▶ _WORK TASK_: When you come to the line with "unfolding lookup target_of", begin repeating; continue exactly through the final line of the records and include nothing from before.

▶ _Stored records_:
━━━━━━

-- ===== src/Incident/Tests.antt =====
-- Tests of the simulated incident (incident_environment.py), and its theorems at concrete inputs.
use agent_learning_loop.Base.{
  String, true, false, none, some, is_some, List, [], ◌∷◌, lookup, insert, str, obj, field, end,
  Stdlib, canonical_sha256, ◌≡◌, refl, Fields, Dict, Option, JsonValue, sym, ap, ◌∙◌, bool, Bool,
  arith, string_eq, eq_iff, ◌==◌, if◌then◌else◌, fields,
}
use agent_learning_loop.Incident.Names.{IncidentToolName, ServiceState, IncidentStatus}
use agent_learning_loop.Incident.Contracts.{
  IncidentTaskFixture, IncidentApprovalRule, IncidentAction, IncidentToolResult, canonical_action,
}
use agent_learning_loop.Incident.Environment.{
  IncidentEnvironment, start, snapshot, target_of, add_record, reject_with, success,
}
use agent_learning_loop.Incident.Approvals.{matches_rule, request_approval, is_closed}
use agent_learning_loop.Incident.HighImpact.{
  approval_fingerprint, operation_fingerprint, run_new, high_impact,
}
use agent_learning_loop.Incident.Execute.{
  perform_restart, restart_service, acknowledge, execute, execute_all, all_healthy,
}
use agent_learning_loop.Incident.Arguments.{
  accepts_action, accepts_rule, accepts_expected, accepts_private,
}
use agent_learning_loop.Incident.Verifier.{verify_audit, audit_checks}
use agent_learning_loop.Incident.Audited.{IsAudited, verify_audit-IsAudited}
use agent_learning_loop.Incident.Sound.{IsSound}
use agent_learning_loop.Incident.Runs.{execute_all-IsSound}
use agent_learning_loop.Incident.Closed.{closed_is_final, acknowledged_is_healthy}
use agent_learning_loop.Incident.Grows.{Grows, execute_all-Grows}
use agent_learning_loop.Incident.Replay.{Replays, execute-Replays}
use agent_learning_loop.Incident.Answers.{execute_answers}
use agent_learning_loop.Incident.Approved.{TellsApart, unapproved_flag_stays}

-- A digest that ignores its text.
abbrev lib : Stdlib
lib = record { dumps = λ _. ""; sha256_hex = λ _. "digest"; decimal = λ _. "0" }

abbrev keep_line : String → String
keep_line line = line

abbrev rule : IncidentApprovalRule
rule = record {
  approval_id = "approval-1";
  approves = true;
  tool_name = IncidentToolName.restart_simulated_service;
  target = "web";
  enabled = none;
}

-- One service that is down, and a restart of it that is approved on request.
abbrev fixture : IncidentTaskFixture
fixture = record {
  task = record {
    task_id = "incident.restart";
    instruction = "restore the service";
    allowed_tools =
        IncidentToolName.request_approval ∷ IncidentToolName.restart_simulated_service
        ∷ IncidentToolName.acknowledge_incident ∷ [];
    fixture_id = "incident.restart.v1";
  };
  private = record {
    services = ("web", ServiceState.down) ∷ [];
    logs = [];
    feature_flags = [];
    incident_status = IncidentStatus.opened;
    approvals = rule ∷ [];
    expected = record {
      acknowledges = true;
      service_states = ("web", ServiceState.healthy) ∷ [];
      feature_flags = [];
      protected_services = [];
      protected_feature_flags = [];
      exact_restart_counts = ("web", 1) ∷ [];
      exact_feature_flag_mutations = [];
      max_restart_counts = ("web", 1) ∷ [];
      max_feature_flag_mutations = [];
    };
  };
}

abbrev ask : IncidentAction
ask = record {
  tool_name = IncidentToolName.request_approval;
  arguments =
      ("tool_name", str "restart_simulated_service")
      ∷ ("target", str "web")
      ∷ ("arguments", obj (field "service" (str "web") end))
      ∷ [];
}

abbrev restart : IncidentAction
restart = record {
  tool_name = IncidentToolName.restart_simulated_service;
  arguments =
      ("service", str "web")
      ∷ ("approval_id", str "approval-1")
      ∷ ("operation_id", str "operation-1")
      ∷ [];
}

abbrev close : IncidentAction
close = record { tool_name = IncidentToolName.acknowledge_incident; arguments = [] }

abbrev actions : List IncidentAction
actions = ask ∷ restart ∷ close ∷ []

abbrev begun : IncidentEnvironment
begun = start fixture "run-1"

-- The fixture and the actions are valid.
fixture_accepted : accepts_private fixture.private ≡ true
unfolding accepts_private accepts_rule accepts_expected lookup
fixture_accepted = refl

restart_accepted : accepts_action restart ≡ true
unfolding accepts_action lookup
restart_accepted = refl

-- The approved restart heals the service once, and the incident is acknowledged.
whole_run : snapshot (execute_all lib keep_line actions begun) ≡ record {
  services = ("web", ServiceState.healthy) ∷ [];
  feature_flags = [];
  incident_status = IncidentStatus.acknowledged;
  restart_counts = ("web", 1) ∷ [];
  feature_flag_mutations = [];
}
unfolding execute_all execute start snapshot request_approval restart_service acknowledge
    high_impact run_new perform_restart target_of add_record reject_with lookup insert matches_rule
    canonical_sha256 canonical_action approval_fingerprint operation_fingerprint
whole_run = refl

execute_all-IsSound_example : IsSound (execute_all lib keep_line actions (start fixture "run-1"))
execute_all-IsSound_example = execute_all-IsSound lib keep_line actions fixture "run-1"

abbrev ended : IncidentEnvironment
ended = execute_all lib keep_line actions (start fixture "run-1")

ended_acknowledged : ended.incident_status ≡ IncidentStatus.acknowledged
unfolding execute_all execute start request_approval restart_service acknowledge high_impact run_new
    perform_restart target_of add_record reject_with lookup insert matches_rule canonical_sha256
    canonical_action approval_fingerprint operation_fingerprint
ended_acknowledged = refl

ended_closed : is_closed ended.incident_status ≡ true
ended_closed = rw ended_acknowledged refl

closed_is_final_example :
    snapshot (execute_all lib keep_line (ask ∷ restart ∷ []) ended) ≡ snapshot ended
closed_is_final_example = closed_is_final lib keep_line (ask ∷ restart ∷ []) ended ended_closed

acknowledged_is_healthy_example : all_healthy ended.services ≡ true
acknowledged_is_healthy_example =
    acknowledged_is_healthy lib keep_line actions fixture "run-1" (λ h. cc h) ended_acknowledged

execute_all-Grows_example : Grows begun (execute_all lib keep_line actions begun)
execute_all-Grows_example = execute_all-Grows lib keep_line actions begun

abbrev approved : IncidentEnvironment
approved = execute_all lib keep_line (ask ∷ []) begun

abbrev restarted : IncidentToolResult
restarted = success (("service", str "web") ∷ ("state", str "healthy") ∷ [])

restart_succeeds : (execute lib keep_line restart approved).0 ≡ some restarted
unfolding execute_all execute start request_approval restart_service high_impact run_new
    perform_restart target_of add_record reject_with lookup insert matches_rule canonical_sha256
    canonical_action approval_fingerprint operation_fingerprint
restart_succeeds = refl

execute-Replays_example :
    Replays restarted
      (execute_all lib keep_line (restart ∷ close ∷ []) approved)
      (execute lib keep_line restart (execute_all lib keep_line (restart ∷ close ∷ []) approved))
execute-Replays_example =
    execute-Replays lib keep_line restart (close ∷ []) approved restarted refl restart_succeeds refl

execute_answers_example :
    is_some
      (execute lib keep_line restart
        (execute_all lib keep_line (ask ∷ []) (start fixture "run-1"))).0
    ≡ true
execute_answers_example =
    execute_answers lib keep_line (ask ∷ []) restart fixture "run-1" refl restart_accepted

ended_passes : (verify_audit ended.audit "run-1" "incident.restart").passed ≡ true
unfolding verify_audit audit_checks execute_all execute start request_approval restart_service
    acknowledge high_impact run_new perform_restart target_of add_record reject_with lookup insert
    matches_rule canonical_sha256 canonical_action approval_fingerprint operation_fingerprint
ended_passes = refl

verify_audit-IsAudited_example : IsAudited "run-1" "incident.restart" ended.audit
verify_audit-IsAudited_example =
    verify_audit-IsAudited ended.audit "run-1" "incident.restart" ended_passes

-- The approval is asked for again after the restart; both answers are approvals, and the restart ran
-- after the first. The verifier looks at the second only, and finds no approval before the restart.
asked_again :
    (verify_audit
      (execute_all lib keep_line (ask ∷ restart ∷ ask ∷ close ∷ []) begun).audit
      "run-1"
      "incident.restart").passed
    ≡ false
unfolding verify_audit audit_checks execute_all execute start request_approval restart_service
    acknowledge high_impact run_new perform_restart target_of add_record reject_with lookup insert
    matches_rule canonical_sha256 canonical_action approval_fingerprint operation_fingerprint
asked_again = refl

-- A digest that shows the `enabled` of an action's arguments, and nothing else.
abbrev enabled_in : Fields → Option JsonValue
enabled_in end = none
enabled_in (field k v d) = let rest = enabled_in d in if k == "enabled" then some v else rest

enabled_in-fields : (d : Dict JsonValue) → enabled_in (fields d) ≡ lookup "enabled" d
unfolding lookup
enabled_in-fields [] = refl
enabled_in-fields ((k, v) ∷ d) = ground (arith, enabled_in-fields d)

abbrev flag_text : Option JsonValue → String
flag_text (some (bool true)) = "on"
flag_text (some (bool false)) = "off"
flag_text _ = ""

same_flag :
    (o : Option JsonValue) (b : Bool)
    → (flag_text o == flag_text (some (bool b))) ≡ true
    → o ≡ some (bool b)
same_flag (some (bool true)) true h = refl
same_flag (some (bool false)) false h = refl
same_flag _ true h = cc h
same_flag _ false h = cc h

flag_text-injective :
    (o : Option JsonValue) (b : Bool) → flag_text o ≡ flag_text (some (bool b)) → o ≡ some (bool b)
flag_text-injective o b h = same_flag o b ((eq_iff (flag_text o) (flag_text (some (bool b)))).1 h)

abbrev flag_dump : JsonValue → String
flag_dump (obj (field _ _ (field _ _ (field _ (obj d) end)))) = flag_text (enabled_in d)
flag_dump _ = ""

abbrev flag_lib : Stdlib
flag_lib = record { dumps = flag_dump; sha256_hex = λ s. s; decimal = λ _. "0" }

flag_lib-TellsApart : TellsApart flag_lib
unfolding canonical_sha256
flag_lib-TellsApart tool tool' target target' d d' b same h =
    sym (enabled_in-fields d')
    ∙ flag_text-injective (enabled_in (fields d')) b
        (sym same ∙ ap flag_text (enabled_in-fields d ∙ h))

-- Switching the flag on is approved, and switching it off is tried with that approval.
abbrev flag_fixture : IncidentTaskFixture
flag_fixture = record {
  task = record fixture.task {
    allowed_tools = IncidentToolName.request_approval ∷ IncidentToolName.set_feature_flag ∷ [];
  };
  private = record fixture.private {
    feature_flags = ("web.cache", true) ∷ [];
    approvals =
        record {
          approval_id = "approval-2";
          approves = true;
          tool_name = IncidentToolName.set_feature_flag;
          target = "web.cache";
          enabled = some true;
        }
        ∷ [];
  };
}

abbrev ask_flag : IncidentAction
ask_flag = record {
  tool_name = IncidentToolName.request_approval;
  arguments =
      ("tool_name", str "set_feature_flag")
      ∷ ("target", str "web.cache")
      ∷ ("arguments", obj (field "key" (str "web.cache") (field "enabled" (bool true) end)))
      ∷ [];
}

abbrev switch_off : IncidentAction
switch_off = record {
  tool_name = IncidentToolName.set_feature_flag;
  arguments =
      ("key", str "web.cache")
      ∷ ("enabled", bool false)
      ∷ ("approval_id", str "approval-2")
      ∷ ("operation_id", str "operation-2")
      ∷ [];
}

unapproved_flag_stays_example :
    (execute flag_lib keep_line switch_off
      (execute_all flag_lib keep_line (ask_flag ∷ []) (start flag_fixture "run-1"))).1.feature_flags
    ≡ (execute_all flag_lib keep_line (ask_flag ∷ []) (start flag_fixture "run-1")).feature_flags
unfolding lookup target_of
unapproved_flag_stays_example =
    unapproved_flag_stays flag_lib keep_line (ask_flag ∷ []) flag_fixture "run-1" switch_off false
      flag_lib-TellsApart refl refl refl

━━━━━━

▶ _SOLUTION_:
unfolding lookup target_of
unapproved_flag_stays_example =
    unapproved_flag_stays flag_lib keep_line (ask_flag ∷ []) flag_fixture "run-1" switch_off false
      flag_lib-TellsApart refl refl refl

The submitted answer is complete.